Stored data entries

-- ===== src/Table/DefunTable.antt =====
-- reference/shen-gc/zincvm.c: the defun table, reached by `[global X]`: a list of bindings while
-- the bundle is loaded, then a perfect hash of `table_size` slots with an overflow tail.
--
-- The allocation of a longer list of bindings is taken to succeed: its `exit(1)` is left out.
pub mod Scan
pub mod Marks
pub mod Laws
use fx_ui.Base.{
  ℕ, zero, suc, ◌+◌, ◌-◌, ◌%◌, Bool, true, false, ◌||◌, Option, none, some, List, [], ◌∷◌,
  if◌then◌else◌, set, get_or, length,
}
use fx_ui.Base.Bytes.{Bytes, byte_eq}
use fx_ui.Value.{Value}
use fx_ui.Table.Hash.{hash_name_h0, hash_name_h1}
use fx_ui.Table.Entry.{Slot, slot_at, named}

-- `marks` lists the calls made of `gc_dirty_defuns_mark`, the latest first.
pub record DefunTable : Type 0 where
  pub runtime : Bool
  pub bootstrap : List (Bytes × Value)
  pub slots : List Slot
  pub table_size : ℕ
  pub buckets : ℕ
  pub displacement : List ℕ
  pub table_cap : ℕ
  pub table_used : ℕ
  pub marks : List ℕ

-- A store ends with the new table or, for want of an overflow slot, with `exit(1)`.
pub data Stored : Type 0 where
  stored : DefunTable → Stored
  overflow_full : Stored

unfoldable pub boot_find : Bytes → List (Bytes × Value) → Option Value
boot_find name [] = none
boot_find name ((k, v) ∷ ks) = if byte_eq k name then some v else boot_find name ks

-- A later store wins; a new name is appended.
unfoldable pub boot_set : Bytes → Value → List (Bytes × Value) → List (Bytes × Value)
boot_set name v [] = (name, v) ∷ []
boot_set name v ((k, w) ∷ ks) = if byte_eq k name then (k, v) ∷ ks else (k, w) ∷ boot_set name v ks

unfoldable pub perfect_slot : Bytes → DefunTable → ℕ
perfect_slot name t =
    hash_name_h1 name (get_or t.displacement (hash_name_h0 name % t.buckets) 0) % t.table_size

-- `for (i = first; i < first + n; i++)`: the first slot with the name, and the first empty one.
unfoldable pub find_named : ℕ → List Slot → ℕ → Bytes → Option ℕ
find_named zero ts i name = none
find_named (suc n) ts i name =
    let rest = find_named n ts (i + 1) name in if named name (slot_at ts i) then some i else rest

abbrev pub is_free : Slot → Bool
is_free none = true
is_free (some e) = false

unfoldable pub find_free : ℕ → List Slot → ℕ → Option ℕ
find_free zero ts i = none
find_free (suc n) ts i =
    let rest = find_free n ts (i + 1) in if is_free (slot_at ts i) then some i else rest

abbrev pub overflow_rounds : DefunTable → ℕ
overflow_rounds t = t.table_cap - t.table_size

-- `table[i].value = v`, with the dirty mark; a free slot gets the name as well.
abbrev pub write_slot : Bytes → Value → ℕ → DefunTable → DefunTable
write_slot name v i t = record t { slots = set t.slots i (some (name, v)); marks = i ∷ t.marks }

abbrev pub insert_overflow : Bytes → Value → DefunTable → Option ℕ → Stored
insert_overflow name v t none = Stored.overflow_full
insert_overflow name v t (some i) =
    Stored.stored (record (write_slot name v i t) { table_used = t.table_used + 1 })

abbrev pub set_overflow : Bytes → Value → DefunTable → Option ℕ → Stored
set_overflow name v t (some i) = Stored.stored (write_slot name v i t)
set_overflow name v t none =
    insert_overflow name v t (find_free (overflow_rounds t) t.slots t.table_size)

unfoldable pub set_runtime : Bytes → Value → DefunTable → Stored
set_runtime name v t =
    if named name (slot_at t.slots (perfect_slot name t))
    then Stored.stored (write_slot name v (perfect_slot name t) t)
    else set_overflow name v t (find_named (overflow_rounds t) t.slots t.table_size name)

abbrev pub used_after : Option Value → ℕ → ℕ → ℕ
used_after none used count = count
used_after (some v) used count = used

unfoldable pub set_bootstrap : Bytes → Value → DefunTable → DefunTable
set_bootstrap name v t =
    let ks = boot_set name v t.bootstrap in
    record t {
      bootstrap = ks;
      table_used = used_after (boot_find name t.bootstrap) t.table_used (length ks);
    }

unfoldable pub defun_set : Bytes → Value → DefunTable → Stored
defun_set name v t =
    if t.runtime then set_runtime name v t else Stored.stored (set_bootstrap name v t)

abbrev pub slot_value : Slot → Option Value
slot_value none = none
slot_value (some (k, v)) = some v

abbrev pub overflow_value : List Slot → Option ℕ → Option Value
overflow_value ts none = none
overflow_value ts (some i) = slot_value (slot_at ts i)

unfoldable pub find_runtime : Bytes → DefunTable → Option Value
find_runtime name t =
    if named name (slot_at t.slots (perfect_slot name t))
    then slot_value (slot_at t.slots (perfect_slot name t))
    else overflow_value t.slots (find_named (overflow_rounds t) t.slots t.table_size name)

-- The explicit entry, which `defun_get`, `defun_has` and `defun_is_defined` look for alike.
unfoldable pub defun_find : Bytes → DefunTable → Option Value
defun_find name t = if t.runtime then find_runtime name t else boot_find name t.bootstrap

abbrev pub is_found : Option Value → Bool
is_found none = false
is_found (some v) = true

unfoldable pub defun_has : Bytes → DefunTable → Bool
defun_has name t = is_found (defun_find name t)

-- `exec_primitive_valid`: the name stands in the list of the primitives (prims.def).
unfoldable pub exec_primitive_valid : List Bytes → Bytes → Bool
exec_primitive_valid [] name = false
exec_primitive_valid (p ∷ ps) name = byte_eq p name || exec_primitive_valid ps name

abbrev pub or_named : List Bytes → Bytes → Option Value → Value
or_named prims name (some v) = v
or_named prims name none =
    if exec_primitive_valid prims name then Value.prim name else Value.symbol name

unfoldable pub defun_get : List Bytes → Bytes → DefunTable → Value
defun_get prims name t = or_named prims name (defun_find name t)

unfoldable pub defun_is_defined : List Bytes → Bytes → DefunTable → Bool
defun_is_defined prims name t = is_found (defun_find name t) || exec_primitive_valid prims name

Exercise prompt
All lines of the entries above where "abbrev" turns up should be reported.

The answer
abbrev pub is_free : Slot → Bool
abbrev pub overflow_rounds : DefunTable → ℕ
abbrev pub write_slot : Bytes → Value → ℕ → DefunTable → DefunTable
abbrev pub insert_overflow : Bytes → Value → DefunTable → Option ℕ → Stored
abbrev pub set_overflow : Bytes → Value → DefunTable → Option ℕ → Stored
abbrev pub used_after : Option Value → ℕ → ℕ → ℕ
abbrev pub slot_value : Slot → Option Value
abbrev pub overflow_value : List Slot → Option ℕ → Option Value
abbrev pub is_found : Option Value → Bool
abbrev pub or_named : List Bytes → Bytes → Option Value → Value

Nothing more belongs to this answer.